Repeat exactly, and only, the lines of the entries below from the one with "read_digits number (c" through the one with "in_int64 none = none", both ends included.

• **MATERIAL FOR THIS EXERCISE**:

══════════════════════════════

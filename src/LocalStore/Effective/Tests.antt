-- ===== src/LocalStore/Effective/Tests.antt =====
-- Merges and removals at concrete sources, and the theorems there.
use lorelum.Prelude.{
  ◌≡◌, ◌↔◌, refl, List, [], ◌∷◌, ◌++◌, true, none, Text, units, text_eq, text_lt, contains, get,
  put, find, keep, sort, any, if◌then◌else◌,
}
use lorelum.LocalStore.Canonical.{Practice, canonical_practice_object, canonicalize_practice}
use lorelum.LocalStore.SourcePath.{is_practice_source_path}
use lorelum.LocalStore.Effective.{
  Hashing, PracticeSource, PackCandidate, EffectivePractice, ReconciledPractices, ok, assert_all,
  source_before, not_from, build_effective_practices, diff_effective_practices,
  reconcile_effective_practices, remove_pack_sources,
}
use lorelum.LocalStore.Effective.Delta.{
  digest_of, is_added, is_changed, is_invalidated, diff_effective_practices_lem,
}
use lorelum.LocalStore.Effective.Groups.{of_practice, source_digest, IsCoherent}
use lorelum.LocalStore.Effective.Build.{build_effective_practices_ok, build_effective_practices_iff}
use lorelum.LocalStore.Effective.Merge.{reconcile_digests}
use lorelum.LocalStore.Effective.Removal.{others, remove_pack_sources_lem}
use lorelum.LocalStore.Effective.Undo.{remove-reconcile}

-- Stand-ins: the id and the title for the JSON text, and that text for its hash.
abbrev hashing : Hashing
hashing = record { stringify = λ p. p.id ++ p.title; sha256 = λ t. t }

abbrev practice : Text → Text → Practice
practice id title = record {
  id = id;
  title = title;
  stage = [];
  tech_stack = [];
  applies_when = [];
  severity = none;
  body = none;
  anti_patterns = none;
}

abbrev source : Text → Text → Text → PracticeSource
source pack id title = record {
  pack_name = pack;
  practice_id = id;
  content_digest = id ++ title;
  source_path = units "practices/a.md";
  canonical_practice = canonicalize_practice hashing.stringify hashing.sha256 (practice id title);
}

abbrev existing : List PracticeSource
existing = source (units "base") (units "layers") (units "v1") ∷ []

abbrev candidate : PackCandidate
candidate = record {
  name = units "auth";
  sources =
      source (units "auth") (units "layers") (units "v1")
      ∷ source (units "auth") (units "tokens") (units "v1")
      ∷ [];
}

run : Unit {0}
unfolding reconcile_effective_practices remove_pack_sources build_effective_practices
    diff_effective_practices canonicalize_practice canonical_practice_object is_practice_source_path
    text_eq text_lt contains get put find keep sort any
run = tt

merged_digests :
    (r : ReconciledPractices) × (reconcile_effective_practices hashing existing candidate none
      ≡ ok r)
    × (r.delta.added ≡ units "tokens" ∷ [])
    × (r.delta.changed ≡ [])
    × (r.advances_effective_revision ≡ true)
unfolding run
merged_digests = (_, refl, refl, refl, refl)

built : (ps : List EffectivePractice) × (build_effective_practices existing ≡ ok ps)
unfolding run
built = (_, refl)

existing_valid : assert_all hashing existing none ≡ ok tt
unfolding run
existing_valid = refl

existing-IsCoherent : IsCoherent existing
unfolding source_digest text_eq
existing-IsCoherent = (refl, tt)

not_installed : others candidate.name existing ≡ existing
unfolding keep text_eq
not_installed = refl

diff_effective_practices_lem_example :
    let d = diff_effective_practices [] built.0 in
    (contains (units "layers") d.added
      ≡ is_added (digest_of (units "layers") []) (digest_of (units "layers") built.0))
    × (contains (units "layers") d.changed
        ≡ is_changed (digest_of (units "layers") []) (digest_of (units "layers") built.0))
    × (contains (units "layers") d.invalidated
        ≡ is_invalidated (digest_of (units "layers") []) (digest_of (units "layers") built.0))
diff_effective_practices_lem_example = diff_effective_practices_lem [] built.0 (units "layers")

build_effective_practices_ok_example :
    IsCoherent existing × ((id : Text) → digest_of id built.0 ≡ source_digest id existing)
build_effective_practices_ok_example = build_effective_practices_ok existing built.0 built.1

build_effective_practices_iff_example :
    ((ps : List EffectivePractice) × (build_effective_practices existing ≡ ok ps))
    ↔ IsCoherent existing
build_effective_practices_iff_example = build_effective_practices_iff existing

reconcile_digests_example :
    IsCoherent merged_digests.0.sources
    × ((id : Text)
        → digest_of id merged_digests.0.effective_practices ≡ (
            if any (of_practice id) candidate.sources
            then source_digest id candidate.sources
            else source_digest id (keep (not_from none) existing)))
reconcile_digests_example =
    reconcile_digests hashing existing candidate none merged_digests.0 merged_digests.1

remove_pack_sources_lem_example :
    (r : ReconciledPractices) × (remove_pack_sources hashing existing (units "base") ≡ ok r)
    × (r.sources ≡ sort source_before (others (units "base") existing))
    × ((id : Text)
        → digest_of id r.effective_practices ≡ (
            if any (of_practice id) (others (units "base") existing)
            then source_digest id existing
            else none))
remove_pack_sources_lem_example =
    remove_pack_sources_lem hashing existing (units "base") existing_valid existing-IsCoherent

remove-reconcile_example :
    (r' : ReconciledPractices) × (remove_pack_sources hashing merged_digests.0.sources
        candidate.name
      ≡ ok r')
    × (r'.sources ≡ sort source_before existing)
    × ((id : Text) → digest_of id r'.effective_practices ≡ source_digest id existing)
remove-reconcile_example =
    remove-reconcile hashing existing candidate merged_digests.0 not_installed merged_digests.1
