-- ===== src/Config.antt =====
-- internal/config/units.go: amounts in basis points and in decimal units. A text is the list of its
-- code points.
pub mod Digits
pub mod Values
pub mod Settings
pub mod Validation
pub mod Decimals
use withdraw_bot.Prelude.{
  ℕ, suc, ℤ, pos, ◌+◌, ◌-◌, ◌*◌, ◌/◌, ◌%◌, ◌^◌, String, Bool, true, false, ◌&&◌, ◌||◌, not, List,
  [], ◌∷◌, ◌++◌, ltb, leb, ltb_ℤ, is_negative, ◌==◌, ◌<>◌, decimal_ℕ, is_space, if◌then◌else◌,
  Option, none, some,
}
use withdraw_bot.Errors.{Error, Result, ok, err, ◌>>◌, fail_if, ◌orelse◌}

unfoldable pub validate_bps : String → ℤ → Option Error
validate_bps name value =
    fail_if (is_negative value || ltb_ℤ (pos 10000) value)
      (Error.message (name <> " must be between 0 and 10000 bps"))

abbrev pub trim_left : List ℕ → List ℕ
trim_left [] = []
trim_left (c ∷ cs) = let rest = trim_left cs in if is_space c then rest else c ∷ cs

abbrev pub trim_right : List ℕ → List ℕ
trim_right [] = []
trim_right (c ∷ cs) = elim (trim_right cs) [
  | [] ↦ (if is_space c then [] else c ∷ [])
  | x ∷ xs ↦ c ∷ x ∷ xs
]

-- `strings.TrimSpace`
abbrev pub trim_space : List ℕ → List ℕ
trim_space text = trim_right (trim_left text)

-- What the loop of `isUnsignedBase10Decimal` tells apart.
pub data Character : Type 0 where
  digit point other : Character

abbrev pub character : ℕ → Character
character c =
    if leb 48 c && leb c 57
    then Character.digit
    else (if c == 46 then Character.point else Character.other)

-- The loop, from the values of its three variables. It reads bytes, of which those of a code point
-- that is not ASCII are refused, as the code point is here.
abbrev pub scan : List ℕ → Bool → Bool → ℕ → Bool
scan [] saw_digit saw_point after = saw_digit && (not saw_point || ltb 0 after)
scan (c ∷ cs) saw_digit saw_point after = elim (character c) [
  | Character.digit ↦ scan cs true saw_point (if saw_point then suc after else after)
  | Character.point ↦ elim (not saw_point && saw_digit) [
    | true ↦ scan cs saw_digit true after
    | false ↦ false
  ]
  | Character.other ↦ false
]

unfoldable pub is_unsigned_base10_decimal : List ℕ → Bool
is_unsigned_base10_decimal text = scan text false false 0

-- `big.Rat.SetString` of such a text: the number that its digits spell, and how many of them stand
-- after the point.
abbrev pub rat_from : ℕ → Bool → ℕ → List ℕ → ℕ × ℕ
rat_from number saw_point after [] = (number, after)
rat_from number saw_point after (c ∷ cs) = elim (character c) [
  | Character.digit ↦
      rat_from (number * 10 + (c - 48)) saw_point (if saw_point then suc after else after) cs
  | _ ↦ rat_from number true after cs
]

abbrev pub too_precise : String → ℕ → Error
too_precise name decimals =
    Error.message (name <> " has more than " <> decimal_ℕ decimals <> " decimal places")

-- The amount times 10 to the power of `decimals`, if that is an integer. It is not negative.
abbrev pub scale : String → ℕ → ℕ × ℕ → Result ℕ
scale name decimals (number, after) =
    if number * 10 ^ decimals % 10 ^ after == 0
    then ok (number * 10 ^ decimals / 10 ^ after)
    else err (too_precise name decimals)

abbrev pub is_blank : List ℕ → Bool
is_blank [] = true
is_blank (_ ∷ _) = false

-- The parser after `strings.TrimSpace`.
unfoldable pub parse_clean : String → List ℕ → ℕ → Result ℕ
unfolding is_unsigned_base10_decimal
parse_clean name clean decimals =
    (fail_if (is_blank clean) (Error.message (name <> " is required"))
      orelse fail_if (not (is_unsigned_base10_decimal clean))
          (Error.message (name <> " must be an unsigned base-10 decimal string")))
    >> scale name decimals (rat_from 0 false 0 clean)

unfoldable pub parse_decimal_units : String → List ℕ → ℕ → Result ℕ
unfolding parse_clean
parse_decimal_units name value decimals = parse_clean name (trim_space value) decimals

unfoldable pub parse_gwei : String → List ℕ → Result ℕ
unfolding parse_decimal_units
parse_gwei name value = parse_decimal_units name value 9
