-- ===== src/Config/Values.antt =====
-- internal/config/module_helpers.go: what the configuration of a module holds under a key. A value is
-- what the YAML decoder makes of it.
use withdraw_bot.Prelude.{
  ℕ, zero, suc, ℤ, pos, negsuc, ◌+◌, ◌-◌, ◌*◌, ◌^◌, String, Bool, true, false, Option, none, some,
  List, [], ◌∷◌, ◌==◌, str_eq, leb_ℤ, ltb_ℤ, codes, lookup_text, ◌<>◌, if◌then◌else◌, ◌&&◌,
}
use withdraw_bot.Errors.{Error, Result, ok, err, ◌>>=◌}
use withdraw_bot.Core.{MonitorModuleId}
use withdraw_bot.Config.{Character, character, parse_decimal_units}

pub data Value : Type 0 where
  boolean : Bool → Value
  integer : ℤ → Value
  text : String → Value
  -- A list, a map, a float, an integer above int64, or nothing.
  other : String → Value

-- `map[string]any`; a nil map is the empty one for a reader.
abbrev pub ModuleConfig : Type 0
ModuleConfig = List (String × Value)

-- `fmt.Errorf("%s.%s …", moduleID, key)`
abbrev pub about_field : MonitorModuleId → String → String → Error
about_field module_id key problem = Error.message (module_id <> "." <> key <> problem)

abbrev pub as_enabled : MonitorModuleId → Option Value → Result Bool
as_enabled module_id none = err (Error.message (module_id <> ".enabled is required"))
as_enabled module_id (some (Value.boolean enabled)) = ok enabled
as_enabled module_id (some _) = err (Error.message (module_id <> ".enabled must be a bool"))

unfoldable pub module_enabled : ModuleConfig → MonitorModuleId → Result Bool
module_enabled config module_id = as_enabled module_id (lookup_text "enabled" config)

abbrev pub if_enabled : Bool → ModuleConfig → Option ModuleConfig
if_enabled true config = some config
if_enabled false config = none

abbrev pub when_enabled : MonitorModuleId → Option ModuleConfig → Result (Option ModuleConfig)
when_enabled module_id none = ok none
when_enabled module_id (some config) =
    module_enabled config module_id >>= λ enabled. ok (if_enabled enabled config)

-- The configuration of a module that is there and enabled.
unfoldable pub enabled_module_config :
    List (String × ModuleConfig) → MonitorModuleId → Result (Option ModuleConfig)
unfolding module_enabled
enabled_module_config modules module_id = when_enabled module_id (lookup_text module_id modules)

abbrev pub as_text : MonitorModuleId → String → Option Value → Result String
as_text module_id key none = err (about_field module_id key " is required")
as_text module_id key (some (Value.text value)) =
    if str_eq value "" then err (about_field module_id key " must be a string") else ok value
as_text module_id key (some _) = err (about_field module_id key " must be a string")

unfoldable pub module_string : ModuleConfig → MonitorModuleId → String → Result String
module_string config module_id key = as_text module_id key (lookup_text key config)

abbrev pub as_int64 : MonitorModuleId → String → Option Value → Result ℤ
as_int64 module_id key none = err (about_field module_id key " is required")
as_int64 module_id key (some (Value.integer n)) = ok n
as_int64 module_id key (some _) = err (about_field module_id key " must be an integer")

unfoldable pub module_int64 : ModuleConfig → MonitorModuleId → String → Result ℤ
module_int64 config module_id key = as_int64 module_id key (lookup_text key config)

-- Digits to the end of the text, after a number.
abbrev pub read_digits : ℕ → List ℕ → Option ℕ
read_digits number [] = some number
read_digits number (c ∷ cs) = elim (character c) [
  | Character.digit ↦ read_digits (number * 10 + (c - 48)) cs
  | _ ↦ none
]

abbrev pub read_natural : List ℕ → Option ℕ
read_natural [] = none
read_natural (c ∷ cs) = read_digits 0 (c ∷ cs)

abbrev pub positive : Option ℕ → Option ℤ
positive none = none
positive (some n) = some (pos n)

abbrev pub negative : Option ℕ → Option ℤ
negative none = none
negative (some zero) = some (pos 0)
negative (some (suc n)) = some (negsuc n)

-- `big.Int.SetString(text, 10)`: a sign, if there is one, and at least one digit.
unfoldable pub parse_integer : List ℕ → Option ℤ
parse_integer [] = none
parse_integer (c ∷ cs) =
    if c == 45
    then negative (read_natural cs)
    else (if c == 43 then positive (read_natural cs) else positive (read_natural (c ∷ cs)))

abbrev pub in_int64 : Option ℤ → Option ℤ
in_int64 none = none
in_int64 (some n) = if leb_ℤ (negsuc (2 ^ 63 - 1)) n && ltb_ℤ n (pos (2 ^ 63)) then some n else none

-- `strconv.ParseInt(text, 10, 64)`
unfoldable pub parse_int64 : List ℕ → Option ℤ
unfolding parse_integer
parse_int64 digits = in_int64 (parse_integer digits)

abbrev pub as_integer : MonitorModuleId → String → Option ℤ → Result ℤ
as_integer module_id key none = err (about_field module_id key " must be a string")
as_integer module_id key (some n) = ok n

unfoldable pub module_big_int : ModuleConfig → MonitorModuleId → String → Result ℤ
unfolding module_string parse_integer
module_big_int config module_id key = module_string config module_id key >>= λ value.
    as_integer module_id key (parse_integer (codes value))

unfoldable pub module_decimal_units : ModuleConfig → MonitorModuleId → String → ℕ → Result ℕ
unfolding module_string parse_decimal_units
module_decimal_units config module_id key decimals = module_string config module_id key >>= λ value.
    parse_decimal_units (module_id <> "." <> key) (codes value) decimals

-- `decode` is the way of a value through YAML and JSON into a struct.
unfoldable pub module_struct {ℓ} :
    {A : Type ℓ} → (Value → Result A) → ModuleConfig → MonitorModuleId → String → Result A
module_struct decode config module_id key = elim (lookup_text key config) [
  | none ↦ err (about_field module_id key " is required")
  | some value ↦ decode value
]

══════════════════════════════

• **SOLVED PROBLEM**:
read_digits number (c ∷ cs) = elim (character c) [
  | Character.digit ↦ read_digits (number * 10 + (c - 48)) cs
  | _ ↦ none
]

abbrev pub read_natural : List ℕ → Option ℕ
read_natural [] = none
read_natural (c ∷ cs) = read_digits 0 (c ∷ cs)

abbrev pub positive : Option ℕ → Option ℤ
positive none = none
positive (some n) = some (pos n)

abbrev pub negative : Option ℕ → Option ℤ
negative none = none
negative (some zero) = some (pos 0)
negative (some (suc n)) = some (negsuc n)

-- `big.Int.SetString(text, 10)`: a sign, if there is one, and at least one digit.
unfoldable pub parse_integer : List ℕ → Option ℤ
parse_integer [] = none
parse_integer (c ∷ cs) =
    if c == 45
    then negative (read_natural cs)
    else (if c == 43 then positive (read_natural cs) else positive (read_natural (c ∷ cs)))

abbrev pub in_int64 : Option ℤ → Option ℤ
in_int64 none = none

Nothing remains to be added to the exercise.